[Recorded data]

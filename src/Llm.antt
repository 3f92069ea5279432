-- ===== src/Llm.antt =====
-- src/llm: the access to language models, with a daily quota or with keys of the user.
pub mod Quota
pub mod Encryption
pub mod Config
pub mod Provider
pub mod Service
pub mod Controller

» ASSIGNMENT
Output the data in full, please, exactly as written.

» SOLUTION FOR THIS TASK
filename src/Llm.antt
repository 3f92069ea5279432
-- ===== src/Llm.antt =====
-- src/llm: the access to language models, with a daily quota or with keys of the user.
pub mod Quota
pub mod Encryption
pub mod Config
pub mod Provider
pub mod Service
pub mod Controller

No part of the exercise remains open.